▶ Exercise aim
Set down, character for character, everything in the records below from the line holding "unwatch_guard-Keeps : Keeps" down to the line holding "let k1 : Action", and no other line.

▶ Dataset extract
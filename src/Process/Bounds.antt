-- ===== src/Process/Bounds.antt =====
-- infrastructure/process.py `_capture`: what is passed on, and when the workflow is let go.
use owlmatic.Prelude.{
  ℕ, ◌+◌, ◌≤◌, ◌≡◌, refl, Bool, true, false, ◌&&◌, not, Text, Option, none, some, codes, is_some,
  is_none, List, [], ◌∷◌, ◌++◌, sum_by, length, ltb, nat_beq, arith, Bool-cases, inl, inr,
  if◌then◌else◌,
}
use owlmatic.Prelude.Int.{ℤ}
use owlmatic.Errors.{Result, ok, err, raise_if, cancelled, timed_out, guard_failed, Result-cases}
use owlmatic.Actions.{
  after_result, Action, pure, lift, after_result, ◌>>=◌, ◌>>◌, Keeps, bind-Keeps, if-Keeps,
}
use owlmatic.Texts.{starts_with}
use owlmatic.Process.Status.{keeping, GuardStatus, int_of, from, read_line, read_bytes, feed}
use owlmatic.Process.Capture.{
  on_stream, on_status, fresh, Ready, CaptureTurn, capture, capture_turn, on_exit, drain, on_all,
  on_ready, pass_on, unwatch, acknowledge, stop_watching, beat, watches, unwatch_guard, is_zero,
  Stream, Output, Capture, feed_guard, on_status_bytes, on_stream_bytes,
}

-- The bytes that were passed on.
abbrev pub passed : List Output → ℕ
passed outputs = sum_by (λ o. length o.bytes) outputs

pub record IsCaptured (max_bytes : ℕ) (c : Capture) : Type 0 where
  pub bounded : passed c.outputs ≤ max_bytes
  pub counted : passed c.outputs ≤ c.received
  pub once : c.acknowledged ≤ 1
  pub known : is_none c.guard.child_pid ≡ true → c.acknowledged ≡ 0

passed-append :
    (outputs : List Output) (o : Output)
    → passed (outputs ++ o ∷ []) ≡ passed outputs + length o.bytes
passed-append [] o = ground arith
passed-append (x ∷ outputs) o = ground (arith, passed-append outputs o)

read_line-child :
    (line : Text) (g : GuardStatus)
    → is_none g.child_pid ≡ false
    → is_none (read_line line g).1.child_pid ≡ false
unfolding read_line
read_line-child line g h = elim (Result-cases (int_of (from 4 line))) [
  | inl (pid, good) ↦ unfold int_of in ground arith
  | inr (e, bad) ↦ unfold int_of in ground arith
]

after-child :
    (bytes : Text) (p : Result (Unit {0}) × GuardStatus)
    → ((g : GuardStatus)
        → is_none g.child_pid ≡ false
        → is_none (read_bytes bytes g).1.child_pid ≡ false)
    → is_none p.1.child_pid ≡ false
    → is_none
        (after_result (keeping bytes p).0 (λ _. read_bytes bytes) (keeping bytes p).1).1.child_pid
      ≡ false
after-child bytes (ok u, g) k h = k g h
after-child bytes (err e, g) k h = h

read_bytes-child :
    (bytes : Text) (g : GuardStatus)
    → is_none g.child_pid ≡ false
    → is_none (read_bytes bytes g).1.child_pid ≡ false
unfolding read_bytes
read_bytes-child [] g h = h
read_bytes-child (b ∷ bytes) g h = elim (Bool-cases (nat_beq b b'\n')) [
  | inr goes_on ↦
      rw (goes_on, read_bytes)
        (read_bytes-child bytes (record g { pending = g.pending ++ b ∷ [] }) h)
  | inl ends ↦
      let g' = record g { pending = [] } in
      rw (ends, read_bytes)
        (after-child bytes (read_line g.pending g') (read_bytes-child bytes)
          (read_line-child g.pending g' h))
]

feed-child :
    (bytes : Text) (g : GuardStatus)
    → is_none g.child_pid ≡ false
    → is_none (feed bytes g).1.child_pid ≡ false
unfolding feed
feed-child bytes g h = elim (Bool-cases (ltb 256 (g.received + length bytes))) [
  | inl large ↦ rw (large, feed) h
  | inr small ↦
      rw (small, feed)
        (read_bytes-child bytes (record g { received = g.received + length bytes }) h)
]

module _ (max_bytes : ℕ) where
  feed_guard-Keeps : (bytes : Text) → Keeps (IsCaptured max_bytes) (feed_guard bytes)
  unfolding feed_guard
  feed_guard-Keeps bytes c h = record {
    bounded = h.bounded;
    counted = h.counted;
    once = h.once;
    known = λ e. elim (Bool-cases (is_none c.guard.child_pid)) [
      | inl unknown ↦ h.known unknown
      | inr there ↦ absurd (ground (arith, feed-child bytes c.guard there))
    ];
  }

  unwatch-IsCaptured :
      (stream : Stream) (c : Capture)
      → IsCaptured max_bytes c
      → IsCaptured max_bytes (unwatch stream c)
  unwatch-IsCaptured Stream.stdout c h = record {
    bounded = h.bounded;
    counted = h.counted;
    once = h.once;
    known = h.known;
  }
  unwatch-IsCaptured Stream.stderr c h = record {
    bounded = h.bounded;
    counted = h.counted;
    once = h.once;
    known = h.known;
  }

  pass_on-IsCaptured :
      (o : Output) (c : Capture)
      → IsCaptured max_bytes c
      → passed c.outputs + length o.bytes ≤ max_bytes
      → passed c.outputs + length o.bytes ≤ c.received
      → IsCaptured max_bytes (pass_on o c)
  pass_on-IsCaptured o c h fits counted = record {
    bounded = ground (arith, passed-append c.outputs o);
    counted = ground (arith, passed-append c.outputs o);
    once = h.once;
    known = h.known;
  }

  on_stream-Keeps :
      (stream : Stream) (bytes : Text)
      → Keeps (IsCaptured max_bytes) (on_stream_bytes max_bytes stream bytes)
  unfolding on_stream_bytes
  on_stream-Keeps stream [] c h =
      let k = unwatch-IsCaptured stream c h in
      pass_on-IsCaptured (record { stream = stream; bytes = []; is_final = true })
        (unwatch stream c) k (ground (arith, k.bounded)) (ground (arith, k.counted))
  on_stream-Keeps stream (b ∷ bytes) c h =
      let more = record c { received = c.received + length (b ∷ bytes) } in
      let k : IsCaptured max_bytes more = record {
        bounded = h.bounded;
        counted = ground (arith, h.counted);
        once = h.once;
        known = h.known;
      } in
      elim (Bool-cases (ltb max_bytes more.received)) [
        | inl large ↦ rw (large, on_stream_bytes) k
        | inr small ↦
            rw (small, on_stream_bytes)
              (pass_on-IsCaptured (record { stream = stream; bytes = b ∷ bytes; is_final = false })
                more k (ground (arith, h.counted)) (ground (arith, h.counted)))
      ]

  stop_watching-Keeps : Keeps (IsCaptured max_bytes) stop_watching
  unfolding stop_watching
  stop_watching-Keeps c h = elim (Bool-cases (starts_with (codes "GUARD_FAILED") c.guard.result)) [
    | inl pending ↦ rw (pending, stop_watching) h
    | inr final ↦
        rw (final, stop_watching)
          (record { bounded = h.bounded; counted = h.counted; once = h.once; known = h.known })
  ]

  acknowledged-IsCaptured :
      (was_unknown : Bool) (c : Capture)
      → (was_unknown ≡ true → c.acknowledged ≡ 0)
      → IsCaptured max_bytes c
      → (was_unknown && is_some c.guard.child_pid) ≡ true
      → IsCaptured max_bytes (record c { acknowledged = c.acknowledged + 1 })
  acknowledged-IsCaptured was_unknown c k h new =
      let first : c.acknowledged ≡ 0 = k (ground arith) in
      record {
        bounded = h.bounded;
        counted = h.counted;
        once = ground arith;
        known = λ e. absurd (ground arith);
      }

  after_feed-IsCaptured :
      (was_unknown : Bool) (p : Result (Unit {0}) × Capture)
      → (was_unknown ≡ true → p.1.acknowledged ≡ 0)
      → IsCaptured max_bytes p.1
      → IsCaptured max_bytes
          (after_result p.0 (λ _. acknowledge was_unknown >> stop_watching) p.1).1
  after_feed-IsCaptured was_unknown (err e, c) k h = h
  after_feed-IsCaptured was_unknown (ok u, c) k h =
      unfold acknowledge in
      elim (Bool-cases (was_unknown && is_some c.guard.child_pid)) [
        | inl new ↦
            rw (new, acknowledge)
              (stop_watching-Keeps (record c { acknowledged = c.acknowledged + 1 })
                (acknowledged-IsCaptured was_unknown c k h new))
        | inr old ↦ rw (old, acknowledge) (stop_watching-Keeps c h)
      ]

  on_status-Keeps : (bytes : Text) → Keeps (IsCaptured max_bytes) (on_status_bytes bytes)
  unfolding on_status_bytes
  on_status-Keeps [] c h = record {
    bounded = h.bounded;
    counted = h.counted;
    once = h.once;
    known = h.known;
  }
  on_status-Keeps (b ∷ bytes) c h =
      after_feed-IsCaptured (is_none c.guard.child_pid) (feed_guard (b ∷ bytes) c)
        (λ e. unfold feed_guard in h.known e) (feed_guard-Keeps (b ∷ bytes) c h)

  on_ready-Keeps : (r : Ready) → Keeps (IsCaptured max_bytes) (on_ready max_bytes r)
  unfolding on_ready
  on_ready-Keeps (on_status bytes) = on_status-Keeps bytes
  on_ready-Keeps (on_stream stream bytes) = on_stream-Keeps stream bytes

  on_all-Keeps : (ready : List Ready) → Keeps (IsCaptured max_bytes) (on_all max_bytes ready)
  unfolding on_all
  on_all-Keeps [] = λ c h. h
  on_all-Keeps (r ∷ ready) =
      bind-Keeps (IsCaptured max_bytes) (on_ready max_bytes r) (λ _. on_all max_bytes ready)
        (on_ready-Keeps r) (λ _. on_all-Keeps ready)

  drain-Keeps : (rest : Option Text) → Keeps (IsCaptured max_bytes) (drain rest)
  unfolding drain
  drain-Keeps none c h = h
  drain-Keeps (some bytes) c h = feed_guard-Keeps bytes c h

  unwatch_guard-Keeps : Keeps (IsCaptured max_bytes) unwatch_guard
  unwatch_guard-Keeps c h = record {
    bounded = h.bounded;
    counted = h.counted;
    once = h.once;
    known = h.known;
  }

  on_exit-Keeps :
      (code : Option ℤ) (rest : Option Text) → Keeps (IsCaptured max_bytes) (on_exit code rest)
  unfolding on_exit
  on_exit-Keeps none rest = λ c h. h
  on_exit-Keeps (some code) rest =
      let last : Bool → Action Capture (Unit {0}) =
        λ watched. if watched then drain rest >> unwatch_guard else pure tt in
      let P = IsCaptured max_bytes in
      bind-Keeps P (lift (raise_if (not (is_zero code)) guard_failed)) (λ _. watches >>= last)
        (λ c h. h)
        (λ _.
          bind-Keeps P watches last (λ c h. h)
            (λ watched.
              if-Keeps P watched (drain rest >> unwatch_guard) (pure tt)
                (bind-Keeps P (drain rest) (λ _. unwatch_guard) (drain-Keeps rest)
                  (λ _. unwatch_guard-Keeps))
                (λ c h. h)))

  beat-Keeps : (due : Bool) → Keeps (IsCaptured max_bytes) (beat due)
  beat-Keeps true c h = record {
    bounded = h.bounded;
    counted = h.counted;
    once = h.once;
    known = h.known;
  }
  beat-Keeps false c h = h

  turn-Keeps : (t : CaptureTurn) → Keeps (IsCaptured max_bytes) (capture_turn max_bytes t)
  unfolding capture_turn
  turn-Keeps t =
      let P = IsCaptured max_bytes in
      let k3 : Action Capture (Unit {0}) =
        on_all max_bytes t.ready >> on_exit t.returncode t.last_read in
      let k2 : Action Capture (Unit {0}) = beat t.beat_due >> k3 in
      let k1 : Action Capture (Unit {0}) = lift (raise_if t.late timed_out) >> k2 in
      bind-Keeps P (lift (raise_if t.cancelled cancelled)) (λ _. k1) (λ c h. h)
        (λ _.
          bind-Keeps P (lift (raise_if t.late timed_out)) (λ _. k2) (λ c h. h)
            (λ _.
              bind-Keeps P (beat t.beat_due) (λ _. k3) (beat-Keeps t.beat_due)
                (λ _.
                  bind-Keeps P (on_all max_bytes t.ready) (λ _. on_exit t.returncode t.last_read)
                    (on_all-Keeps t.ready) (λ _. on_exit-Keeps t.returncode t.last_read))))

  capture-Keeps :
      (turns : List CaptureTurn) → Keeps (IsCaptured max_bytes) (capture max_bytes turns)
  unfolding capture
  capture-Keeps [] = λ c h. h
  capture-Keeps (t ∷ turns) =
      bind-Keeps (IsCaptured max_bytes) (capture_turn max_bytes t) (λ _. capture max_bytes turns)
        (turn-Keeps t) (λ _. capture-Keeps turns)

-- However the capture of a process goes and ends, the bytes that were passed to the observer are at
-- most the configured limit, and the guardian was told to let the workflow run at most once, and
-- never before the worker knew the process id.
pub capture-IsCaptured :
    (max_bytes : ℕ) (turns : List CaptureTurn)
    → IsCaptured max_bytes (capture max_bytes turns fresh).1
capture-IsCaptured max_bytes turns = capture-Keeps max_bytes turns fresh (record {
  bounded = ground arith;
  counted = ground arith;
  once = ground arith;
  known = λ e. refl;
})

▶ Completed exercise
  unwatch_guard-Keeps : Keeps (IsCaptured max_bytes) unwatch_guard
  unwatch_guard-Keeps c h = record {
    bounded = h.bounded;
    counted = h.counted;
    once = h.once;
    known = h.known;
  }

  on_exit-Keeps :
      (code : Option ℤ) (rest : Option Text) → Keeps (IsCaptured max_bytes) (on_exit code rest)
  unfolding on_exit
  on_exit-Keeps none rest = λ c h. h
  on_exit-Keeps (some code) rest =
      let last : Bool → Action Capture (Unit {0}) =
        λ watched. if watched then drain rest >> unwatch_guard else pure tt in
      let P = IsCaptured max_bytes in
      bind-Keeps P (lift (raise_if (not (is_zero code)) guard_failed)) (λ _. watches >>= last)
        (λ c h. h)
        (λ _.
          bind-Keeps P watches last (λ c h. h)
            (λ watched.
              if-Keeps P watched (drain rest >> unwatch_guard) (pure tt)
                (bind-Keeps P (drain rest) (λ _. unwatch_guard) (drain-Keeps rest)
                  (λ _. unwatch_guard-Keeps))
                (λ c h. h)))

  beat-Keeps : (due : Bool) → Keeps (IsCaptured max_bytes) (beat due)
  beat-Keeps true c h = record {
    bounded = h.bounded;
    counted = h.counted;
    once = h.once;
    known = h.known;
  }
  beat-Keeps false c h = h

  turn-Keeps : (t : CaptureTurn) → Keeps (IsCaptured max_bytes) (capture_turn max_bytes t)
  unfolding capture_turn
  turn-Keeps t =
      let P = IsCaptured max_bytes in
      let k3 : Action Capture (Unit {0}) =
        on_all max_bytes t.ready >> on_exit t.returncode t.last_read in
      let k2 : Action Capture (Unit {0}) = beat t.beat_due >> k3 in
      let k1 : Action Capture (Unit {0}) = lift (raise_if t.late timed_out) >> k2 in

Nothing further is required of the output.